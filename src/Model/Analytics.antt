-- ===== src/Model/Analytics.antt =====
-- repo/backend/internal/model/abtest.go and analytics.go: experiments and recorded events.
use w1t.Base.{ℕ, String, Bool, Option}

pub data AbTestStatus : Type 0 where
  draft running rolled_back completed : AbTestStatus

pub record AbTest : Type 0 where
  pub id : ℕ
  pub name : String
  pub description : String
  pub status : AbTestStatus
  pub traffic_pct : ℕ
  pub start_date : ℕ
  pub end_date : ℕ
  pub control_variant : String
  pub test_variant : String
  pub rollback_threshold_pct : ℕ
  pub created_by : ℕ
  pub created_at : ℕ
  pub updated_at : ℕ

-- `AnalyticsEvent` as the services fill it, with no metadata; the table sets the time.
pub record AnalyticsEvent : Type 0 where
  pub user_id : Option ℕ
  pub event_type : String
  pub collectible_id : Option ℕ
  pub session_id : String
  pub ab_variant : String
  pub created_at : ℕ

-- `conversion_rate` is `orders` over `views`, and 0 without views.
pub record AbTestResult : Type 0 where
  pub ab_test_id : ℕ
  pub variant : String
  pub views : ℕ
  pub orders : ℕ
  pub computed_at : ℕ

-- The anomaly types that the detector writes.
pub data AnomalyType : Type 0 where
  excessive_cancellations repeated_checkout_failures : AnomalyType

-- `details` is the JSON object of a count and the threshold that it passed.
pub record AnomalyEvent : Type 0 where
  pub id : ℕ
  pub user_id : ℕ
  pub anomaly_type : AnomalyType
  pub details : ℕ × ℕ
  pub acknowledged : Bool
  pub created_at : ℕ
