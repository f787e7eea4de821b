-- ===== src/Model/Message.antt =====
-- repo/backend/internal/model/message.go
use w1t.Base.{ℕ, String, List}

-- The last fields but one come from the join with the attachments; in the table itself they are empty.
pub record Message : Type 0 where
  pub id : ℕ
  pub order_id : ℕ
  pub sender_id : ℕ
  pub body : String
  pub attachment_id : String
  pub attachment_size : ℕ
  pub attachment_mime : String
  pub created_at : ℕ

pub record MessageAttachment : Type 0 where
  pub id : ℕ
  pub message_id : ℕ
  pub content : List ℕ
  pub size : ℕ
  pub mime : String
  pub created_at : ℕ
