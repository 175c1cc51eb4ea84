-- ===== src/Inventory/Counts.antt =====
-- When a count of src/modules/inventory/inventory.service.ts is well formed, and that its items stay so.
pub mod Keeps
pub mod Ending
use openeos_api.Base.{
  ==_eq, ℕ, ◌≡◌, refl, sym, ap, subst, ◌∙◌, ◌⊎◌, inl, inr, ℤ, pos, ◌-ℤ◌, arith, Bool, true, false,
  not, ◌||◌, Option, none, some, some-injective, List, [], ◌∷◌, ◌++◌, ◌==◌, if◌then◌else◌, is_empty,
  is_some, exists, find_first, All, get, Bool-cases,
}
use openeos_api.Entities.{Product, InventoryCount, InventoryCountItem, InventoryCountStatus}
use openeos_api.Store.{Store}
use openeos_api.Inventory.{
  holds, uncounted, save_item, new_item, is_draft, is_in_progress, is_completed,
}

abbrev pub IsUncounted : InventoryCountItem → Type 0
IsUncounted i = (i.counted_quantity ≡ none) × (i.difference ≡ none)

-- The difference of a counted item is what was counted less what was expected.
abbrev pub IsCounted : InventoryCountItem → Type 0
IsCounted i =
    (n : ℕ) × (i.counted_quantity ≡ some n) × (i.difference ≡ some (pos n -ℤ i.expected_quantity))

abbrev pub IsConsistent : InventoryCountItem → Type 0
IsConsistent i = IsUncounted i ⊎ IsCounted i

-- No product is counted twice.
abbrev pub IsDistinct : List InventoryCountItem → Type 0
IsDistinct [] = Unit
IsDistinct (i ∷ is) = (holds i.product_id is ≡ false) × IsDistinct is

pub record IsWellFormed (c : InventoryCount) : Type 0 where
  pub consistent : All IsConsistent c.items
  pub distinct : IsDistinct c.items
  pub draft_uncounted : is_draft c.status ≡ true → All IsUncounted c.items
  pub in_progress_items : is_in_progress c.status ≡ true → is_empty c.items ≡ false
  pub completed_counted : is_completed c.status ≡ true → All IsCounted c.items

pub All-append :
    (P : InventoryCountItem → Type 0) (is : List InventoryCountItem) (i : InventoryCountItem)
    → All P is
    → P i
    → All P (is ++ i ∷ [])
All-append P [] i h p = (p, tt)
All-append P (j ∷ js) i h p = (h.0, All-append P js i h.1 p)

pub holds-append :
    (pid : ℕ) (is : List InventoryCountItem) (i : InventoryCountItem)
    → holds pid (is ++ i ∷ []) ≡ (holds pid is || (i.product_id == pid))
holds-append pid [] i = ground arith
holds-append pid (j ∷ js) i = ground (arith, holds-append pid js i)

pub append-IsDistinct :
    (is : List InventoryCountItem) (i : InventoryCountItem)
    → IsDistinct is
    → holds i.product_id is ≡ false
    → IsDistinct (is ++ i ∷ [])
append-IsDistinct [] i h apart = (refl, tt)
append-IsDistinct (j ∷ js) i h apart = (
  ground (arith, holds-append j.product_id js i, h.0, apart),
  append-IsDistinct js i h.1 (ground (arith, apart)),
)

-- The save of an item that takes the place of a found one.
module _ (iid : ℕ) (i x : InventoryCountItem) (same_id : x.id ≡ iid)
    (same_product : x.product_id ≡ i.product_id) where
  pub save_item-All :
      (P : InventoryCountItem → Type 0) (is : List InventoryCountItem)
      → P x
      → All P is
      → All P (save_item x is)
  unfolding save_item
  save_item-All P [] p h = tt
  save_item-All P (j ∷ js) p h = elim (Bool-cases (j.id == x.id)) [
    | inl y ↦ rw y (p, h.1)
    | inr n ↦ rw n (h.0, save_item-All P js p h.1)
  ]

  holds-save_item :
      (pid : ℕ) (is : List InventoryCountItem)
      → find_first (λ j. j.id == iid) is ≡ some i
      → holds pid (save_item x is) ≡ holds pid is
  unfolding save_item
  holds-save_item pid [] h = refl
  holds-save_item pid (j ∷ js) h = elim (Bool-cases (j.id == iid)) [
    | inl y ↦
        let is_i = ap (λ k. k.product_id) (some-injective j i (rw y at h)) in
        rw (same_id, y, same_product, is_i) refl
    | inr n ↦ rw (same_id, n, holds-save_item pid js (rw n at h)) refl
  ]

  pub save_item-IsDistinct :
      (is : List InventoryCountItem)
      → find_first (λ j. j.id == iid) is ≡ some i
      → IsDistinct is
      → IsDistinct (save_item x is)
  unfolding save_item
  save_item-IsDistinct [] h d = tt
  save_item-IsDistinct (j ∷ js) h d = elim (Bool-cases (j.id == iid)) [
    | inl y ↦
        let is_i = ap (λ k. k.product_id) (some-injective j i (rw y at h)) in
        rw (same_id, y) (rw (same_product, ← is_i) d.0, d.1)
    | inr n ↦
        rw (same_id, n)
          (
            holds-save_item j.product_id js (rw n at h) ∙ d.0,
            save_item-IsDistinct js (rw n at h) d.1,
          )
  ]

  pub is_empty-save_item : (is : List InventoryCountItem) → is_empty (save_item x is) ≡ is_empty is
  unfolding save_item
  is_empty-save_item [] = refl
  is_empty-save_item (j ∷ js) = ground arith

pub found_item :
    (iid : ℕ) (i : InventoryCountItem) (P : InventoryCountItem → Type 0)
    (is : List InventoryCountItem)
    → find_first (λ j. j.id == iid) is ≡ some i
    → All P is
    → (i.id ≡ iid) × P i
found_item iid i P [] h a = cc
found_item iid i P (j ∷ js) h a = elim (Bool-cases (j.id == iid)) [
  | inl y ↦
      let one = some-injective j i (rw y at h) in
      (sym (ap (λ k. k.id) one) ∙ ==_eq j.id iid y, subst P one a.0)
  | inr n ↦ found_item iid i P js (rw n at h) a.1
]

-- Where nothing is left to count, every item is counted.
pub IsCounted-All :
    (is : List InventoryCountItem) → All IsConsistent is → uncounted is ≡ false → All IsCounted is
IsCounted-All [] a h = tt
IsCounted-All (i ∷ is) (inl u, a) h = let dead = rw u.0 at h in cc
IsCounted-All (i ∷ is) (inr c, a) h = (c, IsCounted-All is a (rw c.1 at h))

pub All-IsConsistent : (is : List InventoryCountItem) → All IsUncounted is → All IsConsistent is
All-IsConsistent [] a = tt
All-IsConsistent (i ∷ is) a = (inl a.0, All-IsConsistent is a.1)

- - - -

About this task »
All lines above from the one with "pub end_date : ℕ" to the one with "pub event_type : String", inclusive, should be copied exactly, and no other lines.

Solution to the exercise »
  pub end_date : ℕ
  pub control_variant : String
  pub test_variant : String
  pub rollback_threshold_pct : ℕ
  pub created_by : ℕ
  pub created_at : ℕ
  pub updated_at : ℕ

-- `AnalyticsEvent` as the services fill it, with no metadata; the table sets the time.
pub record AnalyticsEvent : Type 0 where
  pub user_id : Option ℕ
  pub event_type : String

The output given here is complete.